A student project looked to find out how easy it might be to get someone to accept a fabricated Facebook user as a friend.

BY LAURA RYCKEWAERT | FEB 22 2010

Melissa Matson, age 22, doesn’t exist. She was created by a group of management students at the University of Lethbridge.

The students, for a term project, were looking to find out how easy it might be to get someone to accept a fabricated Facebook user as a friend, to highlight the threat that online predators pose to users of social networking sites like Facebook.

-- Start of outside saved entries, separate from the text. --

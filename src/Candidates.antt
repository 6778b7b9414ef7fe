-- ===== src/Candidates.antt =====
-- The choice of a path to a node: the order of the candidates and `connect_session`, of
-- crates/medium-session/src/lib.rs, with the types of crates/overlay-protocol/src/messages.rs.
-- The attempts to connect to one candidate (sockets, TLS, WebSockets) are parameters with their
-- results, as are the parsers of addresses and the decimal form of a port.
pub mod Greeting
mod Orders
mod Sorting
mod Connecting
mod Examples
use Prim.Native.Nat.{compare, Ordering}
use medium.Netstack.Network.{to_ascii_lowercase}
use medium.Common.{
  ℤ, swapped, compare_int, then_with, compare_bytes, not_greater, insert, sort_by, retain, ℕ, ◌+◌,
  Bool, true, false, not, ◌&&◌, ◌||◌, List, [], ◌∷◌, ◌++◌, Option, none, some, Bytes, codes,
  bytes_eq, leb, ◌==◌, if◌then◌else◌, Result, ok, err, map,
}

pub data CandidateKind : Type 0 where
  direct_tcp relay_tcp wss_relay : CandidateKind

unfoldable pub kind_name : CandidateKind → Bytes
kind_name direct_tcp = codes "direct_tcp"
kind_name relay_tcp = codes "relay_tcp"
kind_name wss_relay = codes "wss_relay"

pub record PeerCandidate : Type 0 where
  pub kind : CandidateKind
  pub addr : Bytes
  pub priority : ℤ

pub data IceCandidateKind : Type 0 where
  host srflx relay : IceCandidateKind

unfoldable pub ice_kind_name : IceCandidateKind → Bytes
ice_kind_name host = codes "host"
ice_kind_name srflx = codes "srflx"
ice_kind_name relay = codes "relay"

unfoldable pub ice_kind_rank : IceCandidateKind → ℕ
ice_kind_rank host = 0
ice_kind_rank srflx = 1
ice_kind_rank relay = 2

pub record IceCandidate : Type 0 where
  pub foundation : Bytes
  pub component : ℕ
  pub transport : Bytes
  pub priority : ℕ
  pub addr : Bytes
  pub port : ℕ
  pub kind : IceCandidateKind
  pub related_addr : Option Bytes
  pub related_port : Option ℕ

-- What `connect_session` uses of a grant.
pub record SessionOpenGrant : Type 0 where
  pub candidates : List PeerCandidate
  pub ice : Option (List IceCandidate)

pub data TransportMode : Type 0 where
  automatic relay_only : TransportMode

unfoldable pub is_relay : PeerCandidate → Bool
is_relay c = elim c.kind [ direct_tcp ↦ false | _ ↦ true ]

unfoldable pub by_priority : PeerCandidate → PeerCandidate → Ordering
by_priority left right = compare_int right.priority left.priority

unfoldable pub ordered_legacy_candidates_for_mode :
    SessionOpenGrant → TransportMode → List PeerCandidate
ordered_legacy_candidates_for_mode grant automatic = sort_by by_priority grant.candidates
ordered_legacy_candidates_for_mode grant relay_only =
    sort_by by_priority (retain is_relay grant.candidates)

unfoldable pub eq_ignore_ascii_case : Bytes → Bytes → Bool
eq_ignore_ascii_case a b = bytes_eq (map to_ascii_lowercase a) (map to_ascii_lowercase b)

unfoldable pub same_ice_candidate : IceCandidate → IceCandidate → Bool
same_ice_candidate left right =
    eq_ignore_ascii_case left.transport right.transport
    && ice_kind_rank left.kind == ice_kind_rank right.kind
    && bytes_eq left.addr right.addr
    && left.port == right.port

unfoldable pub candidate_preference_rank : IceCandidate → Option IceCandidate → ℕ
candidate_preference_rank c none = 1
candidate_preference_rank c (some preferred) = if same_ice_candidate c preferred then 0 else 1

unfoldable pub by_preference : Option IceCandidate → IceCandidate → IceCandidate → Ordering
by_preference preferred left right =
    then_with
      (compare (candidate_preference_rank left preferred)
        (candidate_preference_rank right preferred))
      (then_with (compare (ice_kind_rank left.kind) (ice_kind_rank right.kind)) (
        then_with (compare right.priority left.priority)
          (compare_bytes left.foundation right.foundation)))

unfoldable pub is_udp : IceCandidate → Bool
is_udp c = eq_ignore_ascii_case c.transport (codes "udp")

unfoldable pub ice_checklist : SessionOpenGrant → Option IceCandidate → List IceCandidate
ice_checklist grant preferred = elim grant.ice [
  | none ↦ []
  | some candidates ↦ sort_by (by_preference preferred) (retain is_udp candidates)
]

pub data IpAddr : Type 0 where
  v4 : Bytes → IpAddr
  v6 : Bytes → IpAddr

abbrev pub is_benchmark : Bytes → Bool
is_benchmark (a ∷ b ∷ rest) = a == 198 && (b == 18 || b == 19)
is_benchmark _ = false

abbrev pub is_loopback_v4 : Bytes → Bool
is_loopback_v4 (a ∷ rest) = a == 127
is_loopback_v4 [] = false

unfoldable pub is_unusable_ip : IpAddr → Bool
is_unusable_ip (v4 octets) =
    bytes_eq octets (0 ∷ 0 ∷ 0 ∷ 0 ∷ []) || is_loopback_v4 octets || is_benchmark octets
is_unusable_ip (v6 octets) =
    bytes_eq octets (0 ∷ 0 ∷ 0 ∷ 0 ∷ 0 ∷ 0 ∷ 0 ∷ 0 ∷ 0 ∷ 0 ∷ 0 ∷ 0 ∷ 0 ∷ 0 ∷ 0 ∷ 0 ∷ [])
    || bytes_eq octets (0 ∷ 0 ∷ 0 ∷ 0 ∷ 0 ∷ 0 ∷ 0 ∷ 0 ∷ 0 ∷ 0 ∷ 0 ∷ 0 ∷ 0 ∷ 0 ∷ 0 ∷ 1 ∷ [])

pub record SelectedPath : Type 0 where
  pub kind : Bytes
  pub addr : Bytes

-- The network: the parsers of addresses, and what becomes of an attempt with a candidate.
pub record Network (E S : Type 0) : Type 0 where
  pub parse_ip : Bytes → Option IpAddr
  pub parse_socket_ip : Bytes → Option IpAddr
  pub show_port : ℕ → Bytes
  pub connect_ice : IceCandidate → Result E S
  pub connect_legacy : PeerCandidate → Result E S

pub data ConnectError (E : Type 0) : Type 0 where
  failed : E → ConnectError E
  no_relay_candidates no_candidates : ConnectError E

module _ {E S : Type 0} (n : Network E S) where
  unfoldable pub is_unusable_backend_candidate_addr : Bytes → Bool
  is_unusable_backend_candidate_addr addr = elim (n.parse_socket_ip addr) [
    | none ↦ false
    | some ip ↦ is_unusable_ip ip
  ]

  unfoldable pub ice_candidate_addr : IceCandidate → Bytes
  ice_candidate_addr c = elim (n.parse_ip c.addr) [
    | some (v6 octets) ↦ codes "[" ++ c.addr ++ codes "]:" ++ n.show_port c.port
    | _ ↦ c.addr ++ codes ":" ++ n.show_port c.port
  ]

  abbrev pub path_of_ice : IceCandidate → SelectedPath
  path_of_ice c = record {
    kind = codes "ice_udp/" ++ ice_kind_name c.kind;
    addr = ice_candidate_addr c;
  }

  abbrev pub path_of_legacy : PeerCandidate → SelectedPath
  path_of_legacy c = record { kind = kind_name c.kind; addr = c.addr }

  module _ {C : Type 0} (address : C → Bytes) (connect : C → Result E S)
      (path : C → SelectedPath) where
    abbrev pub attempt :
        Result E S
        → C
        → (E → Result (Option E) (S × SelectedPath))
        → Result (Option E) (S × SelectedPath)
    attempt (ok stream) c again = ok (stream, path c)
    attempt (err e) c again = again e

    -- The loop over candidates: the first that connects, or the error of the last that was tried.
    unfoldable pub first_connected : List C → Option E → Result (Option E) (S × SelectedPath)
    first_connected [] last_error = err last_error
    first_connected (c ∷ cs) last_error =
        let skipped = first_connected cs last_error in
        if is_unusable_backend_candidate_addr (address c)
        then skipped
        else attempt (connect c) c (λ e. first_connected cs (some e))

  abbrev pub or_none : Result (Option E) (S × SelectedPath) → Option (S × SelectedPath)
  or_none (ok connected) = some connected
  or_none (err last_error) = none

  unfoldable pub try_connect_ice_udp :
      SessionOpenGrant → Option IceCandidate → Option (S × SelectedPath)
  try_connect_ice_udp grant preferred = or_none (
      first_connected ice_candidate_addr n.connect_ice path_of_ice (ice_checklist grant preferred)
        none)

  abbrev pub error_for : TransportMode → Option E → ConnectError E
  error_for mode (some e) = failed e
  error_for relay_only none = no_relay_candidates
  error_for automatic none = no_candidates

  abbrev pub or_error :
      TransportMode
      → Result (Option E) (S × SelectedPath)
      → Result (ConnectError E) (S × SelectedPath)
  or_error mode (ok connected) = ok connected
  or_error mode (err last_error) = err (error_for mode last_error)

  unfoldable pub connect_legacy_candidate :
      SessionOpenGrant → TransportMode → Result (ConnectError E) (S × SelectedPath)
  connect_legacy_candidate grant mode = or_error mode (
      first_connected (λ c. c.addr) n.connect_legacy path_of_legacy
        (ordered_legacy_candidates_for_mode grant mode) none)

  abbrev pub or_legacy :
      Option (S × SelectedPath)
      → Result (ConnectError E) (S × SelectedPath)
      → Result (ConnectError E) (S × SelectedPath)
  or_legacy (some connected) legacy = ok connected
  or_legacy none legacy = legacy

  unfoldable pub connect_session :
      SessionOpenGrant
      → TransportMode
      → Option IceCandidate
      → Result (ConnectError E) (S × SelectedPath)
  connect_session grant automatic preferred =
      or_legacy (try_connect_ice_udp grant preferred) (connect_legacy_candidate grant automatic)
  connect_session grant relay_only preferred = connect_legacy_candidate grant relay_only
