-- ===== src/SessionToken.antt =====
-- Session tokens: `issue_session_token` and `verify_session_token` of crates/overlay-crypto/src/lib.rs.
-- What serde_json, base64 and hmac do is a record of functions; `Utc::now` is an argument, in
-- nanoseconds.
pub mod Acceptance
pub mod Examples
use medium.Common.{
  ℕ, ◌+◌, ◌*◌, Bool, true, false, not, List, [], ◌∷◌, ◌++◌, Option, none, some, Bytes, bytes_eq,
  ltb, ◌==◌, if◌then◌else◌, Result, ok, err, ◌>>=◌, ◌>>◌, ensure, ok_or,
}

pub record SessionTokenClaims : Type 0 where
  pub session_id : Bytes
  pub service_id : Bytes
  pub node_id : Bytes
  pub expires_at : ℕ

pub record Crypto : Type 0 where
  pub to_json : SessionTokenClaims → Option Bytes
  pub from_json : Bytes → Option SessionTokenClaims
  pub encode : Bytes → Bytes
  pub decode : Bytes → Option Bytes
  pub hmac : Bytes → Bytes → Option Bytes

pub data TokenError : Type 0 where
  not_serialized invalid_key invalid_format invalid_payload invalid_signature_encoding : TokenError
  invalid_signature invalid_claims token_expired : TokenError

abbrev pub minutes : ℕ → ℕ
minutes n = n * 60000000000

abbrev pub session_token_ttl_minutes : ℕ
session_token_ttl_minutes = 10

abbrev pub session_token_clock_skew_minutes : ℕ
session_token_clock_skew_minutes = 5

abbrev pub period : ℕ
period = 46

abbrev pub split_again : ℕ → Option (Bytes × Bytes) → Option (Bytes × Bytes)
split_again b none = none
split_again b (some (before, after)) = some (b ∷ before, after)

-- `split_once`.
unfoldable pub split_once : ℕ → Bytes → Option (Bytes × Bytes)
split_once c [] = none
split_once c (b ∷ bs) = if b == c then some ([], bs) else split_again b (split_once c bs)

unfoldable pub sign_payload : Crypto → Bytes → Bytes → Result TokenError Bytes
sign_payload c shared_secret payload = ok_or (c.hmac shared_secret payload) invalid_key

unfoldable pub issue_session_token :
    Crypto → ℕ → Bytes → Bytes → Bytes → Bytes → Result TokenError Bytes
issue_session_token c now shared_secret session_id service_id node_id =
    let claims : SessionTokenClaims = record {
      session_id = session_id;
      service_id = service_id;
      node_id = node_id;
      expires_at = now + minutes session_token_ttl_minutes;
    } in
    ok_or (c.to_json claims) not_serialized >>= λ payload.
    sign_payload c shared_secret payload >>= λ signature.
    ok (c.encode payload ++ period ∷ c.encode signature)

-- The checks on the parts of a token.
unfoldable pub verify_parts :
    Crypto → ℕ → Bytes → Bytes × Bytes → Result TokenError SessionTokenClaims
verify_parts c now shared_secret (payload_b64, signature_b64) =
    ok_or (c.decode payload_b64) invalid_payload >>= λ payload.
    ok_or (c.decode signature_b64) invalid_signature_encoding >>= λ signature.
    sign_payload c shared_secret payload >>= λ expected_signature.
    ensure (bytes_eq signature expected_signature) invalid_signature
    >> (ok_or (c.from_json payload) invalid_claims >>= λ claims.
        ensure (not (ltb (claims.expires_at + minutes session_token_clock_skew_minutes) now))
          token_expired
        >> ok claims)

unfoldable pub verify_session_token :
    Crypto → ℕ → Bytes → Bytes → Result TokenError SessionTokenClaims
verify_session_token c now shared_secret token =
    ok_or (split_once period token) invalid_format >>= verify_parts c now shared_secret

“You hear a lot of these warnings about social networking sites,” says Sarah Lajeunesse, a member of the group. “It’s one thing to say how easily people can fall for online predators but it’s another thing to actually show it.”

 

The students chose 50 people, aged 18 to 27, as their test group and sent them friend requests from the fake Ms. Matson. Within 24 hours of receiving the requests, half of the recipients accepted. Of those who did, a third tried to initiate an online conversation.

The students never had “Ms. Matson” respond to the communication attempts, but Ms. Lajeunesse says that didn’t stop a number of people from actively pursuing contact with her.

By accepting a friend request, Facebook users give their new “friend” access to personal information that isn’t accessible to the general public. “Whenever a person discloses personal information about themselves they leave themselves vulnerable to a number of uncomfortable to dangerous situations,” says Mary Dyck, a professor in the university’s department of education and kinesiology and an expert on cyber-bullying and adolescents’ online communication. “We were taught ‘beware of strangers’ but no one knows who they really are online anymore.”

Both Dr. Dyck and Ms. Lajeunesse say they don’t think social networking sites are able to effectively protect users’ privacy and prevent online predators. Since completing the project, Ms. Lajeunesse and the three other members of her group with a Facebook account have updated their privacy settings, making them more stringent. Ms. Matson’s account was deleted following the project’s completion.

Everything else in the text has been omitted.